SW Efficiency/ PWM Angle Adjustment [RE-wrenches]

Kent Sheldon kent.sheldon at xantrex.com
Fri Sep 7 10:24:31 PDT 2001


My 2c: The load determines power factor, period. The only thing I know about
trying is to have multiple generation sources with one dedicated to VAR
support so that the rest can run at unity where they are most efficient.

Kent Sheldon
Sales and Marketing Manager
Distributed Industrial & Utilities Markets
Xantrex Technology Inc.
Direct 925 245 5463 - Fax 925 245 1022
kent.sheldon at xantrex.com  www.xantrex.com


-----Original Message-----
From: Mr. Sharkey [mailto:sharkey at eugeneweb.com]
Sent: Friday, September 07, 2001 10:04 AM
To: RE-wrenches at topica.com
Subject: Re : SW Efficiency/ PWM Angle Adjustment [RE-wrenches]



	Eric;

	At this point, there are no inverters (that I know of) that correct
for
power factor beyond what the designers would consider "normal" and
necessary for the inverter to react properly with the utility power to
backfeed the system. It's an interesting concept that a grid-tied inverter
might be capable of correcting the entire building's electrical service to
unity, therefore making the building's consumption (or production) look
like a pure resistive load (supply) to the utility. At this point, it's
only a concept. It would probably take a lot of PV's and a really big
intertied inverter to correct for the amount of reactance in a typical
utility service load. That doesn't stop me from thinking about the
possibility.

	Earlier this year, at the Oregon Country Fair, I had this discussion
with
some of the Wrenches in attendance, and we thought it was a pretty flash
idea at the time. Even just loading the AC line with capacitors would go
some way towards improving the efficiency with, *or without* an intertied
inverter in the system. I'd think utilities would be very interested in the
possibility of subscribers being able to correct for PF losses in their
distribution system. Maybe this is another tendril of the net metering vine
that can crack the wall of utility resistance to intertied systems. A
premium price paid for independently-produced, unity PF electricity! Yay!!
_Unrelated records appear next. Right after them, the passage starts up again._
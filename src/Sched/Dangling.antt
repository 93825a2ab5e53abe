-- ===== src/Sched/Dangling.antt =====
-- The end of a registration leaves the lists of the cores and wait_list as they are.
use schedmon.Prelude.{
  ℕ, ◌≡◌, refl, ap, ◌∙◌, arith, Bool, true, Option, none, some, List, [], ◌∷◌, ltb, Ends, Ends-bind,
  Ends-known, Ends-some, Ends-if, deref, store, deref-store,
}
use schedmon.Envir.{envir_option_rapl}
use schedmon.Pmc.{Cpu}
use schedmon.Task.{Task, Machine}
use schedmon.Task.Life.{release_rb, release_envir, smon_destroy_task}
use schedmon.Sched.{Pointers, is_process, is_pid, find_task, after, list_del, ring_del, task_envir}
use schedmon.Sched.Register.{
  cancel_timer, smon_sched_unregister_children, smon_task_extra_rapl_stop, stop_rapl,
  smon_sched__unregister_task, smon_sched_unregister_task,
}
use schedmon.Sched.Hooks.{Instant, switch_out, smon_sched_switch}

-- A list whose first task is freed faults.
find_task-freed :
    (test : Task → Bool) (tasks : List (Option Task)) (t : ℕ) (ts : Pointers)
    → deref tasks t ≡ none
    → find_task test tasks (t ∷ ts) ≡ none
unfolding find_task
find_task-freed test tasks t ts h = rw (h)

module _ {S : Type 0} where
  -- The lists that hooks search.
  record KeepsLists (m m' : Machine S) : Type 0 where
    cpu : m'.cpu_list ≡ m.cpu_list
    wait : m'.wait_list ≡ m.wait_list

  keeps_refl :
      {m m' : Machine S} → m'.cpu_list ≡ m.cpu_list → m'.wait_list ≡ m.wait_list → KeepsLists m m'
  keeps_refl c w = record { cpu = c; wait = w }

  keeps_relist :
      {m m' : Machine S} {ts : Pointers} {rings : List Pointers}
      → KeepsLists (record m { task_list = ts; rings = rings }) m'
      → KeepsLists m m'
  keeps_relist h = record { cpu = h.cpu; wait = h.wait }

  keeps_trans : {m m' m'' : Machine S} → KeepsLists m m' → KeepsLists m' m'' → KeepsLists m m''
  keeps_trans p q = record { cpu = q.cpu ∙ p.cpu; wait = q.wait ∙ p.wait }

  cancel_timer-lists : (t : ℕ) (m : Machine S) → Ends (KeepsLists m) (cancel_timer t m)
  unfolding cancel_timer
  cancel_timer-lists t m =
      Ends-bind (deref m.tasks t) _ (λ task _. Ends-some (keeps_refl refl refl))

  destroy_task-lists :
      (t : ℕ) (m : Machine S)
      → Ends (λ m'. KeepsLists m m' × (deref m'.tasks t ≡ none)) (smon_destroy_task t m)
  unfolding smon_destroy_task
  destroy_task-lists t m = Ends-bind (deref m.tasks t) _ (λ task h.
      Ends-bind (release_rb m.rbs task.rb) _ (λ rbs _.
        Ends-bind (release_envir m.envirs task.envir) _ (λ envirs _.
          let freed : deref (store m.tasks t none) t ≡ none =
            ground (arith, deref-store m.tasks t t none h) in
          Ends-some (keeps_refl refl refl, freed))))

  unregister_children-lists :
      (ts : Pointers) (m : Machine S) → Ends (KeepsLists m) (smon_sched_unregister_children ts m)
  unfolding smon_sched_unregister_children
  unregister_children-lists [] m = Ends-some (keeps_refl refl refl)
  unregister_children-lists (t ∷ ts) m =
      let off : Machine S = record m { rings = ring_del t m.rings } in
      Ends-bind (cancel_timer t off) _ (λ cancelled e. Ends-bind _ _ (λ m' e'. record {
        holds = λ m'' e''.
            keeps_trans (keeps_relist ((cancel_timer-lists t off).holds cancelled e)) (
              keeps_trans ((destroy_task-lists t cancelled).holds m' e').0
                ((unregister_children-lists ts m').holds m'' e''));
      }))

  stop_rapl-lists : (t : ℕ) (m : Machine S) → Ends (KeepsLists m) (stop_rapl t m)
  unfolding stop_rapl smon_task_extra_rapl_stop
  stop_rapl-lists t m = Ends-bind (deref m.tasks t) _ (λ task h.
      Ends-bind (task_envir m task) _ (λ envir _.
        Ends-if (ltb 0 (envir_option_rapl envir))
          (Ends-bind (deref m.tasks t) _
            (λ task' _. Ends-bind task'.extra _ (λ extra _. Ends-some (keeps_refl refl refl))))
          (Ends-some (keeps_refl refl refl))))

  unregister__task-lists :
      (t : ℕ) (m : Machine S)
      → Ends (λ m'. KeepsLists m m' × (deref m'.tasks t ≡ none)) (smon_sched__unregister_task t m)
  unfolding smon_sched__unregister_task
  unregister__task-lists t m = Ends-bind _ _ (λ cancelled e. Ends-bind _ _ (λ alone e'.
      let unlisted : Machine S = record alone { task_list = list_del t alone.task_list } in
      Ends-bind (stop_rapl t unlisted) _ (λ stopped e''. record {
        holds = λ m' e'''.
            let (last, freed) = (destroy_task-lists t stopped).holds m' e''' in
            (
              keeps_trans ((cancel_timer-lists t m).holds cancelled e) (
                  keeps_trans
                    ((unregister_children-lists (after t cancelled.rings) cancelled).holds alone e')
                    (keeps_trans (keeps_relist ((stop_rapl-lists t unlisted).holds stopped e''))
                      last)),
              freed,
            );
      })))

  unregister_task-lists :
      (pid t : ℕ) (m : Machine S)
      → find_task (is_pid pid) m.tasks m.task_list ≡ some (some t)
      → Ends
          (λ ended. KeepsLists m ended.0 × (deref (ended.0).tasks t ≡ none))
          (smon_sched_unregister_task pid m)
  unfolding smon_sched_unregister_task
  unregister_task-lists pid t m found =
      Ends-known _ _ found
        (Ends-bind _ _ (λ m' e. Ends-some ((unregister__task-lists t m).holds m' e)))

  -- When a task is unregistered that is still the first of the list of a core, which holds the tasks
  -- of that core that have not exited, the next switch on the core reads memory that is freed.
  pub unregister_task-switch :
      (core : Cpu S) (now : Instant) (pid cpu prev next t : ℕ) (ts : Pointers) (m m' : Machine S)
      → find_task (is_pid pid) m.tasks m.task_list ≡ some (some t)
      → m.cpu_list cpu ≡ t ∷ ts
      → smon_sched_unregister_task pid m ≡ some (m', true)
      → smon_sched_switch core now cpu prev next m' ≡ none
  unfolding smon_sched_switch switch_out
  unregister_task-switch core now pid cpu prev next t ts m m' found listed run =
      let (keeps, freed) = (unregister_task-lists pid t m found).holds (m', true) run in
      let still : m'.cpu_list cpu ≡ t ∷ ts = ap (λ lists. lists cpu) keeps.cpu ∙ listed in
      rw (still, find_task-freed (is_process prev) m'.tasks t ts freed)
	Extending the concept even farther: What if, instead of
transformer-based
inverters, we could develop capacitor-driven inverters? They would, by the
laws of physics, be on the right side of the PF correction fence. This
might be a better topic for HP's "The Wizard Speaks" column. Again, thought
process need have no boundaries. Generally, it's been proven, if we as
humans can think it up, (eventually) it becomes reality.